▶ _Task goal_
Every line in the records below between the one holding "set_report-parts j url env db = ground" and the one holding "(ticket_id : ℕ)", inclusive, is to be set down exactly; all other lines are to be left out.

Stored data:
=== Section Start ===

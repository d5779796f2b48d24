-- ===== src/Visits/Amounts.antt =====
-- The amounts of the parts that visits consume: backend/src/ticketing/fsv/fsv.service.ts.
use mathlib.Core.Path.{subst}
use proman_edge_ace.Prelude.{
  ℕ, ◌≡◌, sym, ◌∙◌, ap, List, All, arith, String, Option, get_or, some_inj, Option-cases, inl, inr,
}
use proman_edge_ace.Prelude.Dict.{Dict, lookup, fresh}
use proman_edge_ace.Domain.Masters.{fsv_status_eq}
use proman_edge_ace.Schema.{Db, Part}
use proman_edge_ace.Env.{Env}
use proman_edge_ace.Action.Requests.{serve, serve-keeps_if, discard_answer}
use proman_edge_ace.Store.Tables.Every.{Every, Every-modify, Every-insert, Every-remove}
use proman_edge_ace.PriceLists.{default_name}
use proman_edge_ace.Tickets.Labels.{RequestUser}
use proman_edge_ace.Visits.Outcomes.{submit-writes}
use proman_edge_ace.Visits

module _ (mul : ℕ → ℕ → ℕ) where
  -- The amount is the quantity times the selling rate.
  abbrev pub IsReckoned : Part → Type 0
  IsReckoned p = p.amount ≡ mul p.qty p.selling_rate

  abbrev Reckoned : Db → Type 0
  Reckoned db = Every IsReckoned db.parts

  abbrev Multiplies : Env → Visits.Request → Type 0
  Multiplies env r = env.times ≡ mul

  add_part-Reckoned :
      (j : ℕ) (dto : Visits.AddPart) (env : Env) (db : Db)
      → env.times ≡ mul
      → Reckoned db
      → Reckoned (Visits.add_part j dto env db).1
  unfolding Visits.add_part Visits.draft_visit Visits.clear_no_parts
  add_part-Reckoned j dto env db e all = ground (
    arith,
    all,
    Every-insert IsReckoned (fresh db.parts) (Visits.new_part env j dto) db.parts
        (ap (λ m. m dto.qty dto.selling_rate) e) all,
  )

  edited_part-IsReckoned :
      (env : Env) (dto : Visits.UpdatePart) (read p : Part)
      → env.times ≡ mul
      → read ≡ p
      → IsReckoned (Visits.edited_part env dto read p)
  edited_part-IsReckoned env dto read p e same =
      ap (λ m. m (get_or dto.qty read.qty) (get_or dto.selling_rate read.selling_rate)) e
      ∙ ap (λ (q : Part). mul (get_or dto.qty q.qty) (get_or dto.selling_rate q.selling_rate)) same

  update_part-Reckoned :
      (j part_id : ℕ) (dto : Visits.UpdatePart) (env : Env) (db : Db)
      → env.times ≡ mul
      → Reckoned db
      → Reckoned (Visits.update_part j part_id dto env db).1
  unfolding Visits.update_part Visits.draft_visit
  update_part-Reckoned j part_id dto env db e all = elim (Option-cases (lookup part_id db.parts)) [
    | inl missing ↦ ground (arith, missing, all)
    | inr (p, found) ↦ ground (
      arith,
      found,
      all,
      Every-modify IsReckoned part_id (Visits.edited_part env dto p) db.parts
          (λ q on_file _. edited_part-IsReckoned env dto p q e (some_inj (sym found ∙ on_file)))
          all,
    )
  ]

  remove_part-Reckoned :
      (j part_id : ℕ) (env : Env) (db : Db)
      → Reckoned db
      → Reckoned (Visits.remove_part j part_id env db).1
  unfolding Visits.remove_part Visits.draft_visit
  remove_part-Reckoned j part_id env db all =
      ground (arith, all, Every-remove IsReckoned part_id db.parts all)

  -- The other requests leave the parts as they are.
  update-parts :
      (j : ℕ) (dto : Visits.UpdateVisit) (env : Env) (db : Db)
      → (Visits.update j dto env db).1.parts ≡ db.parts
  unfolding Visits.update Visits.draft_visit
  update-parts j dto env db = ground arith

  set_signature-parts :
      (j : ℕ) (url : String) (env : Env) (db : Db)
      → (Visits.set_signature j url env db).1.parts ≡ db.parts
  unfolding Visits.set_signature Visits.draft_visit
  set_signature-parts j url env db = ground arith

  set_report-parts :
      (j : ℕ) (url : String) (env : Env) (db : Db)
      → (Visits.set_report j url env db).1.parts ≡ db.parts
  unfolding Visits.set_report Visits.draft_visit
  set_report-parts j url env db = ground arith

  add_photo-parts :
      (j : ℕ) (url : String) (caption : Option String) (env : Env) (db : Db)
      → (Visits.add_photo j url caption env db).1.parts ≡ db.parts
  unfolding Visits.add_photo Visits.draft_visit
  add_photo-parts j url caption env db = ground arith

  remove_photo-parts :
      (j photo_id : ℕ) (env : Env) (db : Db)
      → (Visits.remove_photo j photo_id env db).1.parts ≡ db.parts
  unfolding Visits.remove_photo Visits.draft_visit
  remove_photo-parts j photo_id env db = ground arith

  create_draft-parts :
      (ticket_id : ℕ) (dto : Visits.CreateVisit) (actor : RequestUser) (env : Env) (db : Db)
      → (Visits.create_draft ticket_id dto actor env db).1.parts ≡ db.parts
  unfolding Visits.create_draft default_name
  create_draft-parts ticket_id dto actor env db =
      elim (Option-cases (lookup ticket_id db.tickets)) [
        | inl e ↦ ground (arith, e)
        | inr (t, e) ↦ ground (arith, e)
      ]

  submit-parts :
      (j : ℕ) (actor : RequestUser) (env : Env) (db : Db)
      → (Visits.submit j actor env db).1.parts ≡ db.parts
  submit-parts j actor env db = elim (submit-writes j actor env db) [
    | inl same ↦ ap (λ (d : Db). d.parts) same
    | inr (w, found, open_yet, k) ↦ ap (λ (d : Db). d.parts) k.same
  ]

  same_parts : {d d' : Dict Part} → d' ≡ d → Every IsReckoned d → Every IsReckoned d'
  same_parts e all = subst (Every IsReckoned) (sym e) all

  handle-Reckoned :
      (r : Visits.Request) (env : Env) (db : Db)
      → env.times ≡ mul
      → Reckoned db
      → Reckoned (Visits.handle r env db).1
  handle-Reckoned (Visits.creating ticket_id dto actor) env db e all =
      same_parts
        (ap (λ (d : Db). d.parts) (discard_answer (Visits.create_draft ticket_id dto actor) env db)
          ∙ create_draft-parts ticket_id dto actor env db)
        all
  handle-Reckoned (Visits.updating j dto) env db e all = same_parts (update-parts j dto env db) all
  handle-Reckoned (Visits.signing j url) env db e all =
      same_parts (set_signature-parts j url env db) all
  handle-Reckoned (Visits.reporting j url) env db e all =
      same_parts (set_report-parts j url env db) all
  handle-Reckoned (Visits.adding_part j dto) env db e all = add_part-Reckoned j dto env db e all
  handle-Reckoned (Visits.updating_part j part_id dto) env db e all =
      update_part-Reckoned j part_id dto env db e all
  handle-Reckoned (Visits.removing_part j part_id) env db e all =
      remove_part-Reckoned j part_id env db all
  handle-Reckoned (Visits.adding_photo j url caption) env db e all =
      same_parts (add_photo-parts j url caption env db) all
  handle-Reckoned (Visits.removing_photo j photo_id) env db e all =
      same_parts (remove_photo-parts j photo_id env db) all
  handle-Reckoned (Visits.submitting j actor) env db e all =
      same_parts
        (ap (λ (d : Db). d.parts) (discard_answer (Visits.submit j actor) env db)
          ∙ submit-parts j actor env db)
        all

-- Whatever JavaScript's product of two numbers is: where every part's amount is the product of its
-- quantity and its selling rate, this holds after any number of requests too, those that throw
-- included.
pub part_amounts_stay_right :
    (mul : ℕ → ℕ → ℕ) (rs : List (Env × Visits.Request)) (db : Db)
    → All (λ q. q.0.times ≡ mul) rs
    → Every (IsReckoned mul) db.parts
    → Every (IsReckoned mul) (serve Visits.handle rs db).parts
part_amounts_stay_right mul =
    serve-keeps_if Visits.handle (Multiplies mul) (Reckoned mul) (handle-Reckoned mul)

=== Section End ===

▶ _Expected output_
  set_report-parts j url env db = ground arith

  add_photo-parts :
      (j : ℕ) (url : String) (caption : Option String) (env : Env) (db : Db)
      → (Visits.add_photo j url caption env db).1.parts ≡ db.parts
  unfolding Visits.add_photo Visits.draft_visit
  add_photo-parts j url caption env db = ground arith

  remove_photo-parts :
      (j photo_id : ℕ) (env : Env) (db : Db)
      → (Visits.remove_photo j photo_id env db).1.parts ≡ db.parts
  unfolding Visits.remove_photo Visits.draft_visit
  remove_photo-parts j photo_id env db = ground arith

  create_draft-parts :
      (ticket_id : ℕ) (dto : Visits.CreateVisit) (actor : RequestUser) (env : Env) (db : Db)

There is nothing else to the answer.